▶ **Activity**
Starting at the top line, return each entry word for word.

### Material to process ###

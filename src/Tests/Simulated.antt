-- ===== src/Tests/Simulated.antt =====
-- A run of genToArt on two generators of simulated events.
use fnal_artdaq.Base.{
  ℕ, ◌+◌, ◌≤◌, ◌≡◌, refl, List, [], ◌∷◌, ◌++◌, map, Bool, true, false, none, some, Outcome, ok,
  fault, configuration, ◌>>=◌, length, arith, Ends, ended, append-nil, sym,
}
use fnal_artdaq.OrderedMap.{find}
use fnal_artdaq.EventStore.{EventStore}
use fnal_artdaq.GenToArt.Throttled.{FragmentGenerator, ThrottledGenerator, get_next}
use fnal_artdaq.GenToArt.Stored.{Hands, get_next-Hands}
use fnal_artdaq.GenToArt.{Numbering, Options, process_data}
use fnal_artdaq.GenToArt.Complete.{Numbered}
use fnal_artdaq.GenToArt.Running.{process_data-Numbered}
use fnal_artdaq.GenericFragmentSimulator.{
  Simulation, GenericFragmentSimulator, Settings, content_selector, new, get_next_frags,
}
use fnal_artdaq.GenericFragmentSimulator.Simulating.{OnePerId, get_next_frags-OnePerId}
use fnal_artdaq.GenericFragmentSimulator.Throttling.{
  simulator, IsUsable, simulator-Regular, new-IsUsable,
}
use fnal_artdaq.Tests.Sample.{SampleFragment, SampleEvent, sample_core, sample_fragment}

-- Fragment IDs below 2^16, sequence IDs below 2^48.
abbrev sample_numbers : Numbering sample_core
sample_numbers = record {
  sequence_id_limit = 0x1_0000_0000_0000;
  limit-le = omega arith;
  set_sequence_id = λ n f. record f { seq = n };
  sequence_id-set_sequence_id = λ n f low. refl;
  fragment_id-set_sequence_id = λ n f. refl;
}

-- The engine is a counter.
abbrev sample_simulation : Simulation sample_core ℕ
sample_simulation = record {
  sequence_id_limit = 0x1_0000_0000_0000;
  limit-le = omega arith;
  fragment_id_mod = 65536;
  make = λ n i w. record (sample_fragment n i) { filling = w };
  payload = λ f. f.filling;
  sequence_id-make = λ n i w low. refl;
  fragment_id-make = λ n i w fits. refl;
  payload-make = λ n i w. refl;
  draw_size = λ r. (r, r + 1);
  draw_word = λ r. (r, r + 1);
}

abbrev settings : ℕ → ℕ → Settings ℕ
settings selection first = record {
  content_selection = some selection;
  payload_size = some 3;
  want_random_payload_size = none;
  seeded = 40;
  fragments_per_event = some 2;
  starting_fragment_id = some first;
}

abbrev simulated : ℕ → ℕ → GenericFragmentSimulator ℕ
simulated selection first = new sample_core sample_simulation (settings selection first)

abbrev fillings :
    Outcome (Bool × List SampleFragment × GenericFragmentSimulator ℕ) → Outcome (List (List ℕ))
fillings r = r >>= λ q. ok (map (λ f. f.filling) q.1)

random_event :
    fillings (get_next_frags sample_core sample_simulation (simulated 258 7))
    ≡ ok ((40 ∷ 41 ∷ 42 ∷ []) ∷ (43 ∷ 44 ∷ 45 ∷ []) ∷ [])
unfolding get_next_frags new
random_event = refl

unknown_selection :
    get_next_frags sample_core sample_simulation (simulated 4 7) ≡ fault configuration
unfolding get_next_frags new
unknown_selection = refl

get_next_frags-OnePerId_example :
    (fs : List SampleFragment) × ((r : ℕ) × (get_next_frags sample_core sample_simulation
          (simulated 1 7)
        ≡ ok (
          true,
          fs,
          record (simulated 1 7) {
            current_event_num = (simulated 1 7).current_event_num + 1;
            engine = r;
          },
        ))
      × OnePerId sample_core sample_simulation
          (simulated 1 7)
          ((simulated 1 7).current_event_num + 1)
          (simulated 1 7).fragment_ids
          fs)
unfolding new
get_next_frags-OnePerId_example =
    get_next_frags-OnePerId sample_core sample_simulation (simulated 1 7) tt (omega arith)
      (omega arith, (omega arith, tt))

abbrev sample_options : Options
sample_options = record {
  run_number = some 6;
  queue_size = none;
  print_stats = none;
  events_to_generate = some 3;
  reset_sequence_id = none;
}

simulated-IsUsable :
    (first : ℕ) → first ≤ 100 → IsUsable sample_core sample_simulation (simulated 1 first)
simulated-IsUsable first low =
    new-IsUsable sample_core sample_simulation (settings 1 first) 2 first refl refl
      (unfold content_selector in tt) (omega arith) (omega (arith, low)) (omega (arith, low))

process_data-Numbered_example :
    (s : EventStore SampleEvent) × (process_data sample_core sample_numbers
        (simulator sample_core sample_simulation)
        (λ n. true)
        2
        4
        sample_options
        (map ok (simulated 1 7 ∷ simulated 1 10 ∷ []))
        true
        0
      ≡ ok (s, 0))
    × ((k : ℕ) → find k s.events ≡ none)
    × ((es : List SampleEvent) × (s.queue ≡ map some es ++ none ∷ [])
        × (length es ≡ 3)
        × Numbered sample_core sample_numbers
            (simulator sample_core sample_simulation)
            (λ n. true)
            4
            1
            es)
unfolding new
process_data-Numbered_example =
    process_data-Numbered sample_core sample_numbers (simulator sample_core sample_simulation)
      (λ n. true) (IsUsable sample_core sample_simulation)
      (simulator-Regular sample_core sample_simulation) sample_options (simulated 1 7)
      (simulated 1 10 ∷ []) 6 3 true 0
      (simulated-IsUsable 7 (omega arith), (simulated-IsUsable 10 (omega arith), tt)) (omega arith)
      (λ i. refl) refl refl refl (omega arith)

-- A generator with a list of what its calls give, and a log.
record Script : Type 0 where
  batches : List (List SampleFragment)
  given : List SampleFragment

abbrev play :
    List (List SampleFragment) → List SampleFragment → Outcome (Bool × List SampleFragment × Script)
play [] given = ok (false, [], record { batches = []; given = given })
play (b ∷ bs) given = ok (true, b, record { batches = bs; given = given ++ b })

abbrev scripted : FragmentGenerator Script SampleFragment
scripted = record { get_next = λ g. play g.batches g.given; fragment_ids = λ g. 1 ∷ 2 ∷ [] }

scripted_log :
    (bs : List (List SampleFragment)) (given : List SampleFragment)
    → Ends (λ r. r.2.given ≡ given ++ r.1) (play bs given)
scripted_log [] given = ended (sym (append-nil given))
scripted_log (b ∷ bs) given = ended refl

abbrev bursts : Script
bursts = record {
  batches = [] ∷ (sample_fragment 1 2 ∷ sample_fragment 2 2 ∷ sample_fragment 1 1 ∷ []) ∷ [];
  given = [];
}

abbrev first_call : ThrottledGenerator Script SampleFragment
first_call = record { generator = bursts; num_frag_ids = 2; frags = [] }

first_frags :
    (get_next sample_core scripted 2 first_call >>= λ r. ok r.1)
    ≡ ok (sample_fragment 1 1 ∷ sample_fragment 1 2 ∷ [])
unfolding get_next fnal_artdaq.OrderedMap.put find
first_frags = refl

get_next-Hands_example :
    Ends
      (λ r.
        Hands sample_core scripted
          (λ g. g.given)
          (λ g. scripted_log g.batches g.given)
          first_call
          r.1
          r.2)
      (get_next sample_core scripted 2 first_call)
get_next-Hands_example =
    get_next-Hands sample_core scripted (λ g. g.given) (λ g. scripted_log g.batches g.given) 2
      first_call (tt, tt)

###

▶ **Finished task**
filename src/Tests/Simulated.antt
-- ===== src/Tests/Simulated.antt =====
-- A run of genToArt on two generators of simulated events.
use fnal_artdaq.Base.{
  ℕ, ◌+◌, ◌≤◌, ◌≡◌, refl, List, [], ◌∷◌, ◌++◌, map, Bool, true, false, none, some, Outcome, ok,
  fault, configuration, ◌>>=◌, length, arith, Ends, ended, append-nil, sym,
}
use fnal_artdaq.OrderedMap.{find}
use fnal_artdaq.EventStore.{EventStore}
use fnal_artdaq.GenToArt.Throttled.{FragmentGenerator, ThrottledGenerator, get_next}
use fnal_artdaq.GenToArt.Stored.{Hands, get_next-Hands}
use fnal_artdaq.GenToArt.{Numbering, Options, process_data}
use fnal_artdaq.GenToArt.Complete.{Numbered}
use fnal_artdaq.GenToArt.Running.{process_data-Numbered}
use fnal_artdaq.GenericFragmentSimulator.{
  Simulation, GenericFragmentSimulator, Settings, content_selector, new, get_next_frags,
}
use fnal_artdaq.GenericFragmentSimulator.Simulating.{OnePerId, get_next_frags-OnePerId}
use fnal_artdaq.GenericFragmentSimulator.Throttling.{
  simulator, IsUsable, simulator-Regular, new-IsUsable,
}
use fnal_artdaq.Tests.Sample.{SampleFragment, SampleEvent, sample_core, sample_fragment}

-- Fragment IDs below 2^16, sequence IDs below 2^48.
abbrev sample_numbers : Numbering sample_core
sample_numbers = record {
  sequence_id_limit = 0x1_0000_0000_0000;
  limit-le = omega arith;
  set_sequence_id = λ n f. record f { seq = n };
  sequence_id-set_sequence_id = λ n f low. refl;
  fragment_id-set_sequence_id = λ n f. refl;
}

-- The engine is a counter.
abbrev sample_simulation : Simulation sample_core ℕ
sample_simulation = record {
  sequence_id_limit = 0x1_0000_0000_0000;
  limit-le = omega arith;
  fragment_id_mod = 65536;
  make = λ n i w. record (sample_fragment n i) { filling = w };
  payload = λ f. f.filling;
  sequence_id-make = λ n i w low. refl;
  fragment_id-make = λ n i w fits. refl;
  payload-make = λ n i w. refl;
  draw_size = λ r. (r, r + 1);
  draw_word = λ r. (r, r + 1);
}

abbrev settings : ℕ → ℕ → Settings ℕ
settings selection first = record {
  content_selection = some selection;
  payload_size = some 3;
  want_random_payload_size = none;
  seeded = 40;
  fragments_per_event = some 2;
  starting_fragment_id = some first;
}

abbrev simulated : ℕ → ℕ → GenericFragmentSimulator ℕ
simulated selection first = new sample_core sample_simulation (settings selection first)

abbrev fillings :
    Outcome (Bool × List SampleFragment × GenericFragmentSimulator ℕ) → Outcome (List (List ℕ))
fillings r = r >>= λ q. ok (map (λ f. f.filling) q.1)

random_event :
    fillings (get_next_frags sample_core sample_simulation (simulated 258 7))
    ≡ ok ((40 ∷ 41 ∷ 42 ∷ []) ∷ (43 ∷ 44 ∷ 45 ∷ []) ∷ [])
unfolding get_next_frags new
random_event = refl

unknown_selection :
    get_next_frags sample_core sample_simulation (simulated 4 7) ≡ fault configuration
unfolding get_next_frags new
unknown_selection = refl

get_next_frags-OnePerId_example :
    (fs : List SampleFragment) × ((r : ℕ) × (get_next_frags sample_core sample_simulation
          (simulated 1 7)
        ≡ ok (
          true,
          fs,
          record (simulated 1 7) {
            current_event_num = (simulated 1 7).current_event_num + 1;
            engine = r;
          },
        ))
      × OnePerId sample_core sample_simulation
          (simulated 1 7)
          ((simulated 1 7).current_event_num + 1)
          (simulated 1 7).fragment_ids
          fs)
unfolding new
get_next_frags-OnePerId_example =
    get_next_frags-OnePerId sample_core sample_simulation (simulated 1 7) tt (omega arith)
      (omega arith, (omega arith, tt))

abbrev sample_options : Options
sample_options = record {
  run_number = some 6;
  queue_size = none;
  print_stats = none;
  events_to_generate = some 3;
  reset_sequence_id = none;
}

simulated-IsUsable :
    (first : ℕ) → first ≤ 100 → IsUsable sample_core sample_simulation (simulated 1 first)
simulated-IsUsable first low =
    new-IsUsable sample_core sample_simulation (settings 1 first) 2 first refl refl
      (unfold content_selector in tt) (omega arith) (omega (arith, low)) (omega (arith, low))

process_data-Numbered_example :
    (s : EventStore SampleEvent) × (process_data sample_core sample_numbers
        (simulator sample_core sample_simulation)
        (λ n. true)
        2
        4
        sample_options
        (map ok (simulated 1 7 ∷ simulated 1 10 ∷ []))
        true
        0
      ≡ ok (s, 0))
    × ((k : ℕ) → find k s.events ≡ none)
    × ((es : List SampleEvent) × (s.queue ≡ map some es ++ none ∷ [])
        × (length es ≡ 3)
        × Numbered sample_core sample_numbers
            (simulator sample_core sample_simulation)
            (λ n. true)
            4
            1
            es)
unfolding new
process_data-Numbered_example =
    process_data-Numbered sample_core sample_numbers (simulator sample_core sample_simulation)
      (λ n. true) (IsUsable sample_core sample_simulation)
      (simulator-Regular sample_core sample_simulation) sample_options (simulated 1 7)
      (simulated 1 10 ∷ []) 6 3 true 0
      (simulated-IsUsable 7 (omega arith), (simulated-IsUsable 10 (omega arith), tt)) (omega arith)
      (λ i. refl) refl refl refl (omega arith)

-- A generator with a list of what its calls give, and a log.
record Script : Type 0 where
  batches : List (List SampleFragment)
  given : List SampleFragment

abbrev play :
    List (List SampleFragment) → List SampleFragment → Outcome (Bool × List SampleFragment × Script)
play [] given = ok (false, [], record { batches = []; given = given })
play (b ∷ bs) given = ok (true, b, record { batches = bs; given = given ++ b })

abbrev scripted : FragmentGenerator Script SampleFragment
scripted = record { get_next = λ g. play g.batches g.given; fragment_ids = λ g. 1 ∷ 2 ∷ [] }

scripted_log :
    (bs : List (List SampleFragment)) (given : List SampleFragment)
    → Ends (λ r. r.2.given ≡ given ++ r.1) (play bs given)
scripted_log [] given = ended (sym (append-nil given))
scripted_log (b ∷ bs) given = ended refl

abbrev bursts : Script
bursts = record {
  batches = [] ∷ (sample_fragment 1 2 ∷ sample_fragment 2 2 ∷ sample_fragment 1 1 ∷ []) ∷ [];
  given = [];
}

abbrev first_call : ThrottledGenerator Script SampleFragment
first_call = record { generator = bursts; num_frag_ids = 2; frags = [] }

first_frags :
    (get_next sample_core scripted 2 first_call >>= λ r. ok r.1)
    ≡ ok (sample_fragment 1 1 ∷ sample_fragment 1 2 ∷ [])
unfolding get_next fnal_artdaq.OrderedMap.put find
first_frags = refl

get_next-Hands_example :
    Ends
      (λ r.
        Hands sample_core scripted
          (λ g. g.given)
          (λ g. scripted_log g.batches g.given)
          first_call
          r.1
          r.2)
      (get_next sample_core scripted 2 first_call)
get_next-Hands_example =
    get_next-Hands sample_core scripted (λ g. g.given) (λ g. scripted_log g.batches g.given) 2
      first_call (tt, tt)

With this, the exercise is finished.